Only one range belongs in the answer: the line holding "-- With the" through the last line of the records, reproduced as is.

______________________________

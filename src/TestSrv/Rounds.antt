-- ===== src/TestSrv/Rounds.antt =====
-- NEXT and LAST of src/nksrv/lib/nntp/testsrv/testsrv.go undo each other.
use nksrv.Base.{
  ℕ, ◌<◌, ◌≤◌, ◌≡◌, refl, sym, ap, ◌∙◌, true, false, List, [], ◌∷◌, ◌++◌, reverse, Option, none,
  some, All, All-append, ◌⊎◌, inl, inr, Bool-cases, ltb, ltb→lt, ◌==◌, arith, append_assoc,
  append-nil,
}
use mathlib.Core.Path.{subst}
use mathlib.Core.List.{reverse-append}
use mathlib.Core.Option.{some-injective}
use nksrv.TestSrv.Data.{Group, GroupState, Res}
use nksrv.TestSrv.Groups.{
  first_above, first_below, select_move, select_next_article, select_prev_article,
}
use nksrv.TestSrv.Invariant.Moves.{Has, IsListed}

abbrev pub IsAscending : List ℕ → Type 0
IsAscending [] = Unit
IsAscending (n ∷ ns) = All (λ m. n < m) ns × IsAscending ns

abbrev pub In : ℕ → List ℕ → Type 0
In x [] = ⊥
In x (n ∷ ns) = (n ≡ x) ⊎ In x ns

All-reverse : (P : ℕ → Type 0) (ns : List ℕ) → All P ns → All P (reverse ns)
All-reverse P [] h = tt
All-reverse P (n ∷ ns) (h, hs) =
    rw (reverse-append (n ∷ []) ns)
      (All-append P (reverse ns) (n ∷ []) (All-reverse P ns hs) (h, tt))

first_below-skip :
    (y : ℕ) (xs ys : List ℕ) → All (λ n. y ≤ n) xs → first_below y (xs ++ ys) ≡ first_below y ys
first_below-skip y [] ys h = refl
first_below-skip y (n ∷ xs) ys (h, hs) =
    let e : ltb n y ≡ false = ground arith in rw e (first_below-skip y xs ys hs)

All-weaken : (m : ℕ) (ns : List ℕ) → All (λ n. m < n) ns → All (λ n. m ≤ n) ns
All-weaken m [] h = tt
All-weaken m (n ∷ ns) (h, hs) = (omega arith, All-weaken m ns hs)

In-above : (m x : ℕ) (ns : List ℕ) → All (λ n. m < n) ns → In x ns → m < x
In-above m x [] h i = absurd i
In-above m x (n ∷ ns) (h, hs) (inl e) = rw e at h
In-above m x (n ∷ ns) (h, hs) (inr i) = In-above m x ns hs i

-- The numbers behind the current one are not below the next.
first_above-next :
    (x y : ℕ) (ns : List ℕ)
    → All (λ n. x < n) ns
    → IsAscending ns
    → first_above x ns ≡ some y
    → (x < y) × All (λ n. y ≤ n) ns
first_above-next x y [] h a e = absurd (ground arith)
first_above-next x y (n ∷ ns) (h, hs) (a, asc) e =
    let l : ltb x n ≡ true = ground arith in
    let s : n ≡ y = some-injective n y (rw l at e) in
    subst (λ z. (x < z) × All (λ m. z ≤ m) (n ∷ ns)) s (h, (omega arith, All-weaken n ns a))

first_below-above :
    (x y : ℕ) (ns t : List ℕ)
    → IsAscending ns
    → In x ns
    → first_above x ns ≡ some y
    → first_below y (reverse ns ++ t) ≡ some x
first_below-above x y [] t a i e = absurd i
first_below-above x y (n ∷ ns) t (a, asc) (inl i) e =
    let l : ltb x n ≡ false = ground arith in
    let h = first_above-next x y ns (rw i at a) asc (rw l at e) in
    let b : ltb n y ≡ true = ground (arith, h.0) in
    rw
      (
        reverse-append (n ∷ []) ns,
        append_assoc (reverse ns) (n ∷ []) t,
        first_below-skip y (reverse ns) (n ∷ t) (All-reverse _ ns h.1),
        b,
      )
      (ap some i)
first_below-above x y (n ∷ ns) t (a, asc) (inr i) e =
    let p = In-above n x ns a i in
    let l : ltb x n ≡ false = ground arith in
    rw (reverse-append (n ∷ []) ns, append_assoc (reverse ns) (n ∷ []) t)
      (first_below-above x y ns (n ∷ t) asc i (rw l at e))

All-In : (P : ℕ → Type 0) (x : ℕ) (ns : List ℕ) → All P ns → In x ns → P x
All-In P x [] h i = absurd i
All-In P x (n ∷ ns) (h, hs) (inl e) = subst P e h
All-In P x (n ∷ ns) (h, hs) (inr i) = All-In P x ns hs i

All-first_above :
    (P : ℕ → Type 0) (x y : ℕ) (ns : List ℕ) → All P ns → first_above x ns ≡ some y → (x < y) × P y
All-first_above P x y [] h e = absurd (ground arith)
All-first_above P x y (n ∷ ns) (h, hs) e = elim (Bool-cases (ltb x n)) [
  | inl l ↦ subst (λ z. (x < z) × P z) (some-injective n y (rw l at e)) (ltb→lt x n l, h)
  | inr l ↦ All-first_above P x y ns hs (rw l at e)
]

-- The group state that a method leaves.
abbrev pub state_of : Option Res → Option GroupState
state_of none = none
state_of (some r) = r.gs

module _ (s : GroupState) (g : Group) (selected : s.g ≡ some g) where
  state_of-next :
      (y : ℕ)
      → (s.number == 0) ≡ false
      → first_above s.number g.articles_sort ≡ some y
      → Has g y
      → state_of (select_next_article (some s)) ≡ some (record s { number = y })
  unfolding select_next_article
  state_of-next y n e (a, h) = rw (select_move, n, selected, e, h) refl

  state_of-prev :
      (x y : ℕ)
      → (y == 0) ≡ false
      → first_below y (reverse g.articles_sort) ≡ some x
      → Has g x
      → state_of (select_prev_article (some (record s { number = y })))
        ≡ some (record s { number = x })
  unfolding select_prev_article
  state_of-prev x y n e (a, h) = rw (select_move, n, selected, e, h) refl

  -- Where a group's numbers are in ascending order and each has its article, NEXT from an article that is not the
  -- last one moves to the next number, and LAST from there moves back to the state that NEXT started in.
  pub select_prev-next :
      (y : ℕ)
      → IsListed g
      → IsAscending g.articles_sort
      → In s.number g.articles_sort
      → (s.number == 0) ≡ false
      → first_above s.number g.articles_sort ≡ some y
      → (state_of (select_next_article (some s)) ≡ some (record s { number = y }))
        × (state_of (select_prev_article (some (record s { number = y }))) ≡ some s)
  select_prev-next y l a i n e =
      let p = All-first_above (Has g) s.number y g.articles_sort l e in
      (
        state_of-next y n e p.1,
        state_of-prev s.number y (ground (arith, p.0))
            (ap (first_below y) (sym (append-nil (reverse g.articles_sort)))
              ∙ first_below-above s.number y g.articles_sort [] a i e)
            (All-In (Has g) s.number g.articles_sort l i),
      )
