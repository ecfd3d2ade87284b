-- ===== src/TestSrv/Serving.antt =====
-- The NNTP server of src/nksrv/lib/nntp with the provider of src/nksrv/lib/nntp/testsrv.
use nksrv.Base.{List, Option, All}
use nksrv.Nntp.Session.{Request, UserInfo, Server}
use nksrv.Nntp.Session.Permission.{IsPermitted, KeepsGroup}
use nksrv.Nntp.Session.Permission.Serving.{serve_client-IsPermitted}
use nksrv.Nntp.Session.Serve.{Input, serve_client, new_conn, new_tls_conn}
use nksrv.TestSrv.Data.{Srv, GroupState, Sent}
use nksrv.TestSrv.Answer.{TestSrv, World, supports, answer}
use nksrv.TestSrv.Invariant.{answer-KeepsGroup}

-- A server whose provider is the test server; all else of it is as it was.
abbrev pub provide : TestSrv → Srv → (Request → List Sent → World) → Server → Server
provide p s1 world S = record {
  State = List Sent;
  Group = GroupState;
  supports = supports p;
  answer = answer p s1 world;
  default_priv = S.default_priv;
  tls_priv = S.tls_priv;
  has_tls_config = S.has_tls_config;
  unsafe_pass = S.unsafe_pass;
  unsafe_early_user_reject = S.unsafe_early_user_reject;
  cert_fp_auto_auth = S.cert_fp_auto_auth;
  user_pass = S.user_pass;
  handshake = S.handshake;
  write_ok = S.write_ok;
  current_year = S.current_year;
}

module _ (p : TestSrv) (s1 : Srv) (world : Request → List Sent → World) (S : Server) where
  provide-KeepsGroup : KeepsGroup (provide p s1 world S)
  provide-KeepsGroup r log gs a n e = answer-KeepsGroup p s1 world r log gs a n e

  -- With the test server as the provider, whatever articles and settings it has and whatever a client sends, on a
  -- plain connection or one with TLS from the start, each of its methods is called with the rights that it needs.
  pub provide-IsPermitted :
      (inputs : List (Input (provide p s1 world S))) (cert : Option UserInfo) (log : List Sent)
      → (let T = provide p s1 world S in
          All IsPermitted (serve_client T inputs (new_conn T log)).1.trace
          × All IsPermitted (serve_client T inputs (new_tls_conn T cert log)).1.trace)
  provide-IsPermitted inputs cert log =
      serve_client-IsPermitted (provide p s1 world S) provide-KeepsGroup inputs cert log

______________________________

_WRITTEN ANSWER_.
  -- With the test server as the provider, whatever articles and settings it has and whatever a client sends, on a
  -- plain connection or one with TLS from the start, each of its methods is called with the rights that it needs.
  pub provide-IsPermitted :
      (inputs : List (Input (provide p s1 world S))) (cert : Option UserInfo) (log : List Sent)
      → (let T = provide p s1 world S in
          All IsPermitted (serve_client T inputs (new_conn T log)).1.trace
          × All IsPermitted (serve_client T inputs (new_tls_conn T cert log)).1.trace)
  provide-IsPermitted inputs cert log =
      serve_client-IsPermitted (provide p s1 world S) provide-KeepsGroup inputs cert log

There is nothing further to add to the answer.